Un mandatario debe actuar siempre con mesura, es el aplomo, el respeto y la inteligencia lo que la gente quiere ver y sentir en quien los representa. Una actitud agresiva siempre, resolver todo a las patadas, mostrar prepotencia y actitud sobrada de tener siempre la razón, no generan ninguna confianza. Menos si explota con facilidad y sus respuestas no pasan por el filtro de la reflexión y de tener muy claro que todo lo que diga tendrá consecuencias. Hernández posa de “pantalonudo” pero eso solo convoca a quienes tiene afán de “seguir órdenes”, a quienes siguen a la espera de un patrón o “un alguien” que resuelva por ellos, que les evite las angustias de pensar y decidir por su cuenta. Estamos frente al reino de los “me gusta” o “no me gusta” de las redes sociales, todo aquello que traiga el sello del espectáculo, de la mofa, de lo escabroso, pero que nos evite leer, leer, leer y analizar. ¡No!
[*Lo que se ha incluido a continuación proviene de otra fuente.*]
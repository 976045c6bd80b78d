-- ===== src/Fossil.antt =====
-- `fossilCollect` of TimeWarpSimulationManager.cpp: the states of all objects, then their output and
-- their events before the lowest time of a state that is left. There is no optimistic fossil
-- collection, and the file streams are left out.
pub mod States
pub mod Safe
mod Tests
use pdes.Base.{ℕ, List, [], ◌∷◌, ◌++◌, ltb, if◌then◌else◌, update}
use pdes.Container as Container
use pdes.Container.{Container}
use pdes.Event.{Event}
use pdes.Output as Output
use pdes.Output.{OutputEvents}
use pdes.State as State
use pdes.State.{StateManager}

-- The managers and the event set, by the numbers of the objects.
pub record Kernel (S : Type 0) : Type 0 where
  pub states : StateManager S
  pub outputs : ℕ → OutputEvents
  pub containers : ℕ → Container

-- The loop over the states, with `minTimes`.
unfoldable pub collect_states :
    {S : Type 0} → ℕ → ℕ → List ℕ → StateManager S → StateManager S × List ℕ
collect_states infinity time [] m = (m, [])
collect_states infinity time (i ∷ is) m =
    let (n, t) = State.fossil_collect infinity m i time in
    let (l, ts) = collect_states infinity time is n in (l, t ∷ ts)

-- The loop for `min`, from the first of the times.
unfoldable pub least : ℕ → List ℕ → ℕ
least low [] = low
least low (t ∷ ts) = least (if ltb t low then t else low) ts

unfoldable pub collect_outputs : ℕ → List ℕ → (ℕ → OutputEvents) → ℕ → OutputEvents
collect_outputs time [] outputs = outputs
collect_outputs time (i ∷ is) outputs =
    collect_outputs time is (update outputs i (Output.fossil_collect (outputs i) time))

-- With the events that are reclaimed.
unfoldable pub collect_events : ℕ → List ℕ → (ℕ → Container) → (ℕ → Container) × List Event
collect_events time [] containers = (containers, [])
collect_events time (i ∷ is) containers =
    let (c, gone) = Container.fossil_collect (containers i) time in
    let (others, more) = collect_events time is (update containers i c) in (others, gone ++ more)

abbrev pub collect_before :
    {S : Type 0} → List ℕ → Kernel S → StateManager S × List ℕ → Kernel S × List Event
collect_before objects k (states, []) = (k, [])
collect_before objects k (states, t ∷ ts) =
    let min = least t ts in
    let (containers, gone) = collect_events min objects k.containers in
    (
      record {
        states = states;
        outputs = collect_outputs min objects k.outputs;
        containers = containers;
      },
      gone,
    )

unfoldable pub fossil_collect : {S : Type 0} → ℕ → List ℕ → Kernel S → ℕ → Kernel S × List Event
fossil_collect infinity objects k time =
    collect_before objects k (collect_states infinity time objects k.states)
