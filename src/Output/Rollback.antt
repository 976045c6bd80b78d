-- ===== src/Output/Rollback.antt =====
-- What a rollback takes back from the output queues, and the order of send times that makes its
-- search from the end right.
use mathlib.Core.List.{reverse, reverse-append, reverse-reverse, reverse-cons, reverse_perm}
use mathlib.Core.List.Perm
use native.Mathlib.Bridge.{le_prop}
use pdes.Base.Sorting.{StrictOrder, Sorted, Le}
use pdes.Base.{
  ℕ, ◌≤◌, ◌<◌, ◌≡◌, refl, sym, ap, ◌∙◌, inl, inr, Bool, true, false, List, [], ◌∷◌, ◌++◌, none,
  arith, ltb, Bool-cases, front, rest, front-append-rest, front-All, All, All-append, All-map,
  All-perm,
}
use pdes.Event.{Event}
use pdes.Output.{OutputEvents, Kernel, at_or_after, search_local, get_events_and_remove}

unfoldable pub send_time_less : Event → Event → Bool
send_time_less a b = ltb a.send_time b.send_time

pub send_time_less-asymm : (a b : Event) → send_time_less a b ≡ true → send_time_less b a ≡ false
unfolding send_time_less
send_time_less-asymm a b h = ground arith

pub send_time_less-le_trans :
    (a b c : Event)
    → send_time_less b a ≡ false
    → send_time_less c b ≡ false
    → send_time_less c a ≡ false
unfolding send_time_less
send_time_less-le_trans a b c h k = ground arith

-- `sendTimeLessThan`.
abbrev pub send_order : StrictOrder Event
send_order = record {
  less = send_time_less;
  less_asymm = send_time_less-asymm;
  le_trans = send_time_less-le_trans;
}

-- A queue with its newest entry first.
abbrev NewestFirst : List Event → Type 0
NewestFirst [] = Unit
NewestFirst (e ∷ es) = All (λ x. x.send_time ≤ e.send_time) es × NewestFirst es

NewestFirst-snoc :
    (es : List Event) (e : Event)
    → NewestFirst es
    → All (λ x. e.send_time ≤ x.send_time) es
    → NewestFirst (es ++ e ∷ [])
NewestFirst-snoc [] e n h = (tt, tt)
NewestFirst-snoc (x ∷ es) e n h = (
  All-append (λ y. y.send_time ≤ x.send_time) es (e ∷ []) n.0 (h.0, tt),
  NewestFirst-snoc es e n.1 h.1,
)

NewestFirst-reverse : (es : List Event) → Sorted send_order es → NewestFirst (reverse es)
unfolding send_time_less
NewestFirst-reverse [] s = tt
NewestFirst-reverse (e ∷ es) s = rw (reverse-cons e es) (
    NewestFirst-snoc (reverse es) e (NewestFirst-reverse es s.1) (
      All-perm (λ x. e.send_time ≤ x.send_time) (λ x. le_prop) (Perm.symm (reverse_perm es))
        (All-map (Le send_order e) (λ x. e.send_time ≤ x.send_time) (λ x h. ground arith) es s.0)))

-- From the first entry on that is not late, no entry is.
rest-early :
    (time : ℕ) (es : List Event)
    → NewestFirst es
    → All (λ e. e.send_time < time) (rest (at_or_after time) es)
unfolding rest
rest-early time [] n = tt
rest-early time (e ∷ es) n = elim (Bool-cases (at_or_after time e)) [
  | inl t ↦ rw t (rest-early time es n.1)
  | inr t ↦ rw t (
    ground arith,
    All-map (λ x. x.send_time ≤ e.send_time) (λ x. x.send_time < time) (λ x h. ground arith) es n.0,
  )
]

pub reverse-All :
    (P : Event → Type 0) (prop : (e : Event) → IsProp (P e)) (es : List Event)
    → All P es
    → All P (reverse es)
reverse-All P prop es h = All-perm P prop (Perm.symm (reverse_perm es)) h

-- Without optimistic fossil collection the search is for the front that is late.
pub search_local_lem :
    (k : Kernel) (time : ℕ) (es : List Event)
    → k.opt_fossil ≡ false
    → search_local k time es ≡ record {
      found = front (at_or_after time) es;
      left = rest (at_or_after time) es;
      recovery = none;
    }
unfolding search_local front rest
search_local_lem k time [] h = refl
search_local_lem k time (e ∷ []) h = ground arith
search_local_lem k time (e ∷ f ∷ es) h = ground (arith, search_local_lem k time (f ∷ es) h)

-- What a queue keeps, and what is found in it.
queue_split :
    (p : Event → Bool) (es : List Event)
    → reverse (rest p (reverse es)) ++ reverse (front p (reverse es)) ≡ es
queue_split p es =
    sym (reverse-append (front p (reverse es)) (rest p (reverse es)))
    ∙ ap reverse (front-append-rest p (reverse es))
    ∙ reverse-reverse es

-- What it is to take back the output from a time on.
pub record TakesBack (o p : OutputEvents) (time : ℕ) (events : List Event) : Type 0 where
  pub of_local : List Event
  pub of_remote : List Event
  pub found : events ≡ of_local ++ of_remote
  pub local_split : p.sent_local ++ reverse of_local ≡ o.sent_local
  pub remote_split : p.sent_remote ++ reverse of_remote ≡ o.sent_remote
  pub late : All (λ e. time ≤ e.send_time) events
  pub early_local : All (λ e. e.send_time < time) p.sent_local
  pub early_remote : All (λ e. e.send_time < time) p.sent_remote
  pub remembered : p.removed_remote ≡ o.removed_remote ++ of_remote

front-late :
    (time : ℕ) (es : List Event) → All (λ e. time ≤ e.send_time) (front (at_or_after time) es)
front-late time es =
    All-map (λ e. at_or_after time e ≡ true) (λ e. time ≤ e.send_time) (λ e h. ground arith) _
      (front-All (at_or_after time) es)

-- Without optimistic fossil collection, and with both queues in the order of send times, the events
-- that are handed out are exactly those that were sent at the time or later: the local ones, the
-- newest first, and behind them the remote ones, the newest first. The earlier ones stay, and the
-- remote ones that go are remembered.
pub get_events_and_remove-TakesBack :
    (k : Kernel) (o : OutputEvents) (time : ℕ)
    → k.opt_fossil ≡ false
    → Sorted send_order o.sent_local
    → Sorted send_order o.sent_remote
    → TakesBack o (get_events_and_remove k o time).0 time (get_events_and_remove k o time).1
unfolding get_events_and_remove
get_events_and_remove-TakesBack k o time h sl sr =
    let late = at_or_after time in
    rw (search_local_lem k time (reverse o.sent_local) h) (record {
      of_local = front late (reverse o.sent_local);
      of_remote = front late (reverse o.sent_remote);
      found = refl;
      local_split = queue_split late o.sent_local;
      remote_split = queue_split late o.sent_remote;
      late =
          All-append (λ e. time ≤ e.send_time) (front late (reverse o.sent_local))
            (front late (reverse o.sent_remote)) (front-late time (reverse o.sent_local))
            (front-late time (reverse o.sent_remote));
      early_local =
          reverse-All (λ e. e.send_time < time) (λ e. le_prop) (rest late (reverse o.sent_local))
            (rest-early time (reverse o.sent_local) (NewestFirst-reverse o.sent_local sl));
      early_remote =
          reverse-All (λ e. e.send_time < time) (λ e. le_prop) (rest late (reverse o.sent_remote))
            (rest-early time (reverse o.sent_remote) (NewestFirst-reverse o.sent_remote sr));
      remembered = refl;
    })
Son preferibles los efectos especiales, el morbo del drama cotidiano y siga pasando la pantalla hacia algo cada vez más fuerte, más delirante, más chistoso. La audiencia no parece saber –peor aún, no lo quiere saber- que está decidiendo su destino: se queda con una imagen fija y ya está, con esa se casa y hasta pelea, sin tener mayores argumentos.
“Lo que sube como palma baja como coco”, otro de los famosos refranes. Esta extraña mezcla de Trump y Bolsonaro, inflado por la desazón ante este desastroso gobierno y por el cansancio con una clase política corrupta, es un globo que estamos a tiempo de evitar que haga estragos. Entre dos conductores elegidos, ¿estamos tan mal que preferimos darle la llave al borracho para que nos lleve al desbarrancadero? Con un mandatario demócrata, sensato, se puede hacer oposición, se tendrán los canales para ser escuchados. Un mandatario que ve a los otros como papanatas, que ofrece puños y plomo a todo aquel que se atraviese en sus propósitos, es un personaje sacado del cuarto de San Alejo, pero que a fuerza de un público que consume lo trivial y lo viraliza lo han convertido en el “producto” estrambótico necesario para este momento histórico. Como si la suerte de un país se pudiera feriar, como si no fuera suficiente con el personaje cantinflesco que hemos tenido como presidente y como si ya hubiéramos olvidado a su mentor que veía al país como su gran hacienda. Rodolfo Hernández no es más que la versión masculina y envejecida de Epa Colombia quien llamaba la atención a martillazos y subía los videos.
Colombia no puede darse el lujo de “probar” con alguien que no genera confianza sino miedo, que ve a los ciudadanos como “hombrecitos” que trabajan duro para llevarle la platica de los intereses a quien financió su vivienda. Rodolfo insulta a la decencia, echa en saco roto los principios y los valores, y, por último, percibe al estado de derecho como un obstáculo para sus propósitos inciertos.
Un presidente representa el alma de una nación. Colombia no puede darse el lujo de equivocarse de nuevo, de sentir “pena ajena” con las actitudes chabacanas y pintorescas del jefe de estado y sufrir otros cuatro años de agudización de sus problemáticas. Merecemos levantarnos cada mañana con la satisfacción de haber entregado la llave a alguien ecuánime y sereno. Merecemos sentirnos parte de una construcción de la paz que espera de nuestras ideas y nuestras manos. Merecemos sentirnos orgullosos de nuestro país.